TLDR: Here is the code to explore.

It all started during my hobby research on various distributed schedulers and distributed computing frameworks. Naturally, Spark came under the bracket. I was already somewhat familiar with Spark internals since I have been using it for over 3 years. It struck me then that one of the primary reasons why it became hugely successful is not just because of its speed and efficiency, it is due to its very intuitive APIs. This is the same reason why Pandas are also extremely popular. If not, there are arguably better alternatives, if one has to look for performance, like Flink, Naiad, etc., or HPC frameworks like OpenMP.

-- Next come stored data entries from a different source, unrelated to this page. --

-- ===== src/DataPlane/Rulesets/Missed.antt =====
-- The version by which data-plane/internal/store/store.go notices a change, where two updates of
-- control-plane/app/api/flags.py were made at the same time.
use feature_flags.DataPlane.Rulesets.Refreshed.{only_environment, load_all-Holds}
use feature_flags.Api.Flags.Race.Lost.{
  read_phase-environment, write_phase-version, write_phase-Written,
}
use feature_flags.Api.Flags.Config.{apply_update, FlagConfigOut}
use feature_flags.Api.Flags.Race.{merged, write_phase, read_phase, Found}
use feature_flags.DataPlane.Rulesets.Loading.{load_refs_keeps}
use feature_flags.Schemas.Flag.{FlagConfigUpdate}
use feature_flags.Json.{Json}
use mathlib.Core.Option.{some-injective}
use feature_flags.DataPlane.Rulesets.{assemble, Ruleset, Rulesets, load_all}
use feature_flags.Schemas.Pydantic.{Pydantic}
use feature_flags.Models.{
  SegmentEnvironmentConfig, Segment, flag_config_pk, Environment, FlagEnvironmentConfig, Flag,
}
use feature_flags.Store.Session.{ok, Transaction, Context, Database}
use feature_flags.Store.Engine.{Engine}
use mathlib.Core.Option
use feature_flags.DataPlane.Rulesets.Versions.{config_version, assemble_version}
use feature_flags.Api.Flags.Race.Lost.{merged_pk, merged-version}
use feature_flags.Base.{
  pair_key, ◌==◌, Bool-cases, id_key, String, ap, ◌∙◌, List, Bool, sym, ℕ, ◌≡◌, Option, refl, inl,
  inr, some, true, [],
}

module _ ⦃E : Engine⦄ where
  open E use {Table}

  -- A row that replaces one of the same version changes no version.
  add_same_version :
      (m row : FlagEnvironmentConfig) (t : Table flag_config_pk)
      → E.get (flag_config_pk m) t ≡ some row
      → m.version ≡ row.version
      → (k : ℕ × ℕ)
      → Option.map config_version (E.get k (E.add m t)) ≡ Option.map config_version (E.get k t)
  add_same_version m row t at same k = elim (Bool-cases (flag_config_pk m == k)) [
    | inl here ↦
        let is = (pair_key.same_iff (flag_config_pk m) k).0 here in
        let there = ap (λ (j : ℕ × ℕ). E.get j t) (sym is) ∙ at in
        rw (E.get-add k m t, here) (ap some same ∙ sym (ap (Option.map config_version) there))
    | inr other ↦ rw (E.get-add k m t, other) refl
  ]

  module _ {F S : Type 0} (unmarshal_flag : Flag → FlagEnvironmentConfig → Option F)
      (unmarshal_segment : Segment → SegmentEnvironmentConfig → Option S) where
    -- Loads of two states in which an environment is assembled with one version: the second leaves
    -- what the first has left.
    load_all_keeps :
        (d d' : Database) (env : Environment) (envs after : Rulesets F S) {now : List ℕ}
        → E.get env.id d.environments ≡ some env
        → d'.environments ≡ d.environments
        → ((rs rs' : Ruleset F S)
            → assemble unmarshal_flag unmarshal_segment d env ≡ some rs
            → assemble unmarshal_flag unmarshal_segment d' env ≡ some rs'
            → rs'.version ≡ rs.version)
        → load_all unmarshal_flag unmarshal_segment d envs ≡ (some now, after)
        → (rs' : Ruleset F S) → assemble unmarshal_flag unmarshal_segment d' env ≡ some rs'
        → (load_all unmarshal_flag unmarshal_segment d' after).1 env.id ≡ after env.id
    unfolding load_all
    load_all_keeps d d' env envs after at same_envs versions loaded rs' made' =
        let at' = ap (λ t. E.get env.id t) same_envs ∙ at in
        let (rs, made, w) =
          load_all-Holds unmarshal_flag unmarshal_segment d env at envs after loaded in
        load_refs_keeps (assemble unmarshal_flag unmarshal_segment d') env rs' w.held made'
          (w.same ∙ sym (versions rs rs' made made')) (E.scalars (λ e. true) d'.environments)
          (only_environment d' env at') after [] w.at
        ∙ sym w.at

    -- Where two updates of a flag's targeting have read the same row, and the data plane's load after
    -- the first is written comes to the end, a load after the second is written leaves the ruleset of
    -- the environment as it was, whatever the second update changed, although it can be assembled.
    pub lost_update_unserved :
        ⦃p : Pydantic⦄ (unchanged : Json → Json → Bool) (c d : Context)
        (project_key flag_key env_key : String) (first second : FlagConfigUpdate) (s : Transaction)
        {found : Found} {t t' t'' : Transaction} {out out' : FlagConfigOut}
        (envs after : Rulesets F S) {now : List ℕ} (rs' : Ruleset F S)
        → read_phase project_key flag_key env_key s ≡ (ok found, t)
        → write_phase unchanged c found first s ≡ (ok out, t')
        → load_all unmarshal_flag unmarshal_segment t'.tables envs ≡ (some now, after)
        → write_phase unchanged d found second t' ≡ (ok out', t'')
        → assemble unmarshal_flag unmarshal_segment t''.tables found.env ≡ some rs'
        → (load_all unmarshal_flag unmarshal_segment t''.tables after).1 found.env.id
          ≡ after found.env.id
    lost_update_unserved unchanged c d project_key flag_key env_key first second s {found} {t' = t'}
          {t'' = t''} envs after rs' h one loaded two made' =
        let w1 = write_phase-Written unchanged c found first s one in
        let w2 = write_phase-Written unchanged d found second t' two in
        let (row, at_row, v1, _) = write_phase-version unchanged c found first s one in
        let m = merged unchanged found.cfg (apply_update d second found.cfg) w2.current in
        let at = read_phase-environment unchanged project_key flag_key env_key s h in
        let key =
          merged_pk unchanged found.cfg (apply_update d second found.cfg) w2.current
          ∙ E.get_pk (found.flag.id, found.env.id) w2.current t'.flag_configs w2.stored in
        let version = merged-version unchanged d second found.cfg w2.current ∙ sym v1 in
        let stored = ap (λ (k : ℕ × ℕ). E.get k t'.flag_configs) key ∙ at_row in
        load_all_keeps t'.tables t''.tables found.env envs after
          (ap (λ (b : Database). E.get found.env.id b.environments) w1.tables ∙ at)
          (ap (λ (b : Database). b.environments) w2.tables)
          (λ r r'.
            assemble_version unmarshal_flag unmarshal_segment t'.tables t''.tables found.env
              (ap (λ (b : Database). b.flags) w2.tables)
              (ap (λ (b : Database). b.segments) w2.tables)
              (ap (λ (b : Database). b.segment_configs) w2.tables)
              (λ k.
                ap (λ (b : Database). Option.map config_version (E.get k b.flag_configs)) w2.tables
                ∙ add_same_version m row t'.flag_configs stored version k))
          loaded rs' made'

The thing which I like the most about Spark is that it is a general-purpose distributed framework. When you deal with unstructured data or more complex tasks, RDD seems very natural. Now Spark is all about DataFrame and SQL and they are now universally preferred over RDD. Dataframe almost always produces better performance than RDD. RDD is the building block of the Spark ecosystem. Then how come Dataframe always produces a better result? Is it due to query optimizer? Take the simplest query, you should definitely be able to define optimum data and compute flow using RDDs, but still, the DataFrame implementation will most likely beat yours. The reason is the magic happening in the Tungsten engine. Spark relies on RAM for performance. JVM becomes resource-hungry very quickly in Spark’s typical tasks. So they circumvented this issue by managing raw memory directly using “sun.misc.Unsafe”. The implication of this is that the DataFrame API is not as flexible as RDDs. They can deal only with fixed predefined data types. You can’t use arbitrary structs/objects in dataframes and operate on them. In real-world problems, typically most of the analytical workloads can be solved using this. But still, there are use cases where RDDs are convenient to work with.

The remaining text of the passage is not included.